Kalangan pengusaha terkait menilai pengenaan PPN 10% pada pengangkutan forwarder (freight forwarder) diberlakukan tanpa dasar perhitungan yang jelas.
Herry Susanto, Wakil Ketua Bidang Kepabeanan dan Perpajakan Asosiasi Logistik dan Forwarder Indonesia (ALFI)— dulu dikenal dengan Gabungan Forwarder dan Ekspedisi Indonesia (Gafeksi), mengatakan pembahasan hal ini terus dilakukan dengan pihak terkait.
“Harus ada perhitungan ulang karena spesifikasi jasa forwarder yang masuk dalam perhitungan pajak ini tidak jelas. Kami telah mengusulkan apa saja yang masuk dalam sektor forwarder. Dan dalam perhitungan kami, PPN untuk forwarder diusulkan 1%,” katanya kemarin.
Menurut Herry, pengenaan PPN ini menekan daya saing sektor forwarder. Apalagi, kata dia, saat ini bisnis tersebut saat ini semakin lesu karena tekanan biaya angkut yang tinggi.
Dia mengungkapkan 15 tahun lalu, margin keuntungan freight satu peti kemas untuk perusahaan jasa bisa mencapai US$250. “Sekarang ini, untuk dapat US$25 saja susahnya setengah mati.”
Dengan demikian, perhitungan kembali dasar pengenaan PPN untuk freight forwarding diharapkan dapat memicu daya saing bisnis ini kembali.
“Shipping line [maskapai pelayaran] untuk ocean freight [angkutan laut] tidak dikenai PPN karena penyerahan barangnya di luar wilayah pabean. Ini memang betul. Namun, di dalam negeri ini justru menekan karena biaya angkutan saja sudah tinggi.”
Optimasi
Di sisi lain, pengangkutan barang dengan moda kereta api sekaligus optimasi pergudangan di stasiun dinilai dapat menjadi alternatif menekan biaya logistik yang tinggi.

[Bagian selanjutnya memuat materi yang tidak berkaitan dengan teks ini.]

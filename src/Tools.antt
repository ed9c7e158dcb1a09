-- ===== src/Tools.antt =====
-- tools/console_clients: the command line tools that are built on the clients.
pub mod Options
pub mod Topics
pub mod ConsoleConsumer
pub mod ConsoleProducer
pub mod ProducerPerf
pub mod ConsumerPerf
mod Tests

Hal itu diungkapkan Direktur Pusat Studi Transportasi dan Logistik Universitas Gadjah Mada Kuncoro Harto Widodo. Menurut dia, salah satu efisiensi untuk memacu kinerja pengiriman dan logistik adalah dengan integrasi dan manajemen moda.
“Jalur kereta api potensial untuk menjadi salah satu cara untuk manajemen moda. Kereta menjadi jalur utama dan nanti di kantong tujuan diintegrasikan dengan truk atau kendaraan lain,” ujarnya.

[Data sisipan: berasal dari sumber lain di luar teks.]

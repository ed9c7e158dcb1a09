-- ===== src/Tools/Options.antt =====
-- What the tools share in reading a command line: `key=value` texts, which the console tools split at
-- each `=` and the performance tests cut at the first. How a tool ends.
pub mod Laws
use Prim.Native.Char.{Char, code}
use Prim.Native.String.{◌++◌ as append}
use modern_cpp_kafka.Prelude.{
  String, Bool, true, false, ◌&&◌, not, Option, none, some, List, [], ◌∷◌, if◌then◌else◌, ◌==◌,
  text_ord,
}
use modern_cpp_kafka.Outcome.{Outcome, ok, throw, invalid_argument, ◌>>=◌}
use modern_cpp_kafka.Containers.Map.{Map, insert}
use modern_cpp_kafka.Properties.{PropertiesMap, str, put}

-- EXIT_SUCCESS, EXIT_FAILURE, or the end of the process by an exception that `main` does not catch.
pub data Exit : Type 0 where
  exit_success exit_failure terminated : Exit

abbrev pub is_eq : Char → Bool
is_eq c = code c == 61

-- `c` before the first of the pieces.
abbrev pub extend : Char → List String → List String
extend c [] = String.◌∷◌ c String.[] ∷ []
extend c (piece ∷ pieces) = String.◌∷◌ c piece ∷ pieces

-- The pieces between the `=` of a text.
unfoldable pub pieces : String → List String
pieces String.[] = String.[] ∷ []
pieces (String.◌∷◌ c s) = let rest = pieces s in if is_eq c then String.[] ∷ rest else extend c rest

-- `prop | std::views::split('=')`: an empty text has no piece.
unfoldable pub split_eq : String → List String
unfolding pieces
split_eq String.[] = []
split_eq (String.◌∷◌ c s) = pieces (String.◌∷◌ c s)

abbrev pub pair_of : List String → Option (String × String)
pair_of [] = none
pair_of (key ∷ []) = none
pair_of (key ∷ value ∷ []) = some (key, value)
pair_of (key ∷ value ∷ other ∷ pieces) = none

unfoldable pub key_value : String → Option (String × String)
unfolding split_eq
key_value prop = pair_of (split_eq prop)

-- The loop that puts the texts into properties.
unfoldable pub put_props : List String → PropertiesMap → Outcome PropertiesMap
put_props [] p = ok p
put_props (prop ∷ props) p = elim (key_value prop) [
  | none ↦ throw invalid_argument
  | some (key, value) ↦ put key (str value) p >>= λ q. put_props props q
]

-- The loop that puts them into a map of texts.
unfoldable pub set_props : List String → Map String String → Outcome (Map String String)
set_props [] m = ok m
set_props (prop ∷ props) m = elim (key_value prop) [
  | none ↦ throw invalid_argument
  | some (key, value) ↦ set_props props (insert key value m)
]

-- The loop that puts a map of texts into the properties of a client.
unfoldable pub put_map : Map String String → PropertiesMap → Outcome PropertiesMap
put_map [] p = ok p
put_map ((key, value) ∷ m) p = put key (str value) p >>= λ q. put_map m q

-- `next.contains('=')`
unfoldable pub has_eq : String → Bool
has_eq String.[] = false
has_eq (String.◌∷◌ c s) = let rest = has_eq s in if is_eq c then true else rest

-- `next.substr(0, eq)` and `next.substr(eq + 1)`, where `eq` is the place of the first `=`.
unfoldable pub before_eq : String → String
before_eq String.[] = String.[]
before_eq (String.◌∷◌ c s) =
    let rest = before_eq s in if is_eq c then String.[] else String.◌∷◌ c rest

unfoldable pub after_eq : String → String
after_eq String.[] = String.[]
after_eq (String.◌∷◌ c s) = let rest = after_eq s in if is_eq c then s else rest

abbrev pub is_dash : Char → Bool
is_dash c = code c == 45

-- `next.starts_with("--")`
abbrev pub starts_with_dashes : String → Bool
starts_with_dashes String.[] = false
starts_with_dashes (String.◌∷◌ c String.[]) = false
starts_with_dashes (String.◌∷◌ c (String.◌∷◌ d s)) = is_dash c && is_dash d

-- What `--command-property` takes.
unfoldable pub is_command_property : String → Bool
unfolding has_eq
is_command_property next = not (starts_with_dashes next) && has_eq next

-- `props[next.substr(0, eq)] = next.substr(eq + 1)`
unfoldable pub add_command_property : String → Map String String → Map String String
unfolding before_eq after_eq
add_command_property next props = insert (before_eq next) (after_eq next) props

-- `key=value`, as it is written.
abbrev pub assignment : String → String → String
assignment key value = append key (String.◌∷◌ "=" value)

Kuncoro mengatakan strategi ini didukung dengan optimasi gudang di stasiun yang dimiliki oleh PT Kereta Api Indonesia maupun gudang-gudang yang dioperasikan swasta.
Dengan cara integrasi moda angkutan ini, lanjut dia, biaya angkut yang tinggi dapat ditekan.
Dia mengakui kinerja logistik di Indonesia belum cukup efisien karena beberapa faktor, termasuk biaya tinggi. Selain ongkos, lanjut dia, berdasarkan penilaian Bank Dunia dalam logistic performance index (indeks kinerja logistik), infrastruktur, kepabeanan, dan kompetensi juga menyebabkan indeks kinerja logistik nasional masih menempati peringkat 75 dunia dengan poin 2,76.
Pustral UGM, tambah Kuncoro, melakukan kajian untuk meningkatkan efisiensi tersebut, a.l. mengusulkan penerapan strategi optimasi dan integrasi angkutan multi moda.
“Infrastruktur memang juga harus diperhitungkan karena ada infrastruktur yang memang harus dibangun atau ada pula infrastruktur yang sudah ada tetapi belum dapat dioptimalkan,” tuturnya.
Ketua Umum Asosiasi Logistik dan Forwarder Indonesia (ALFI) Iskandar Zulkarnain menuturkan kalangan pengusaha juga perlu meningkatkan kompetensi kerja. “Kompetensi merupakan faktor kunci pendukung logistik.”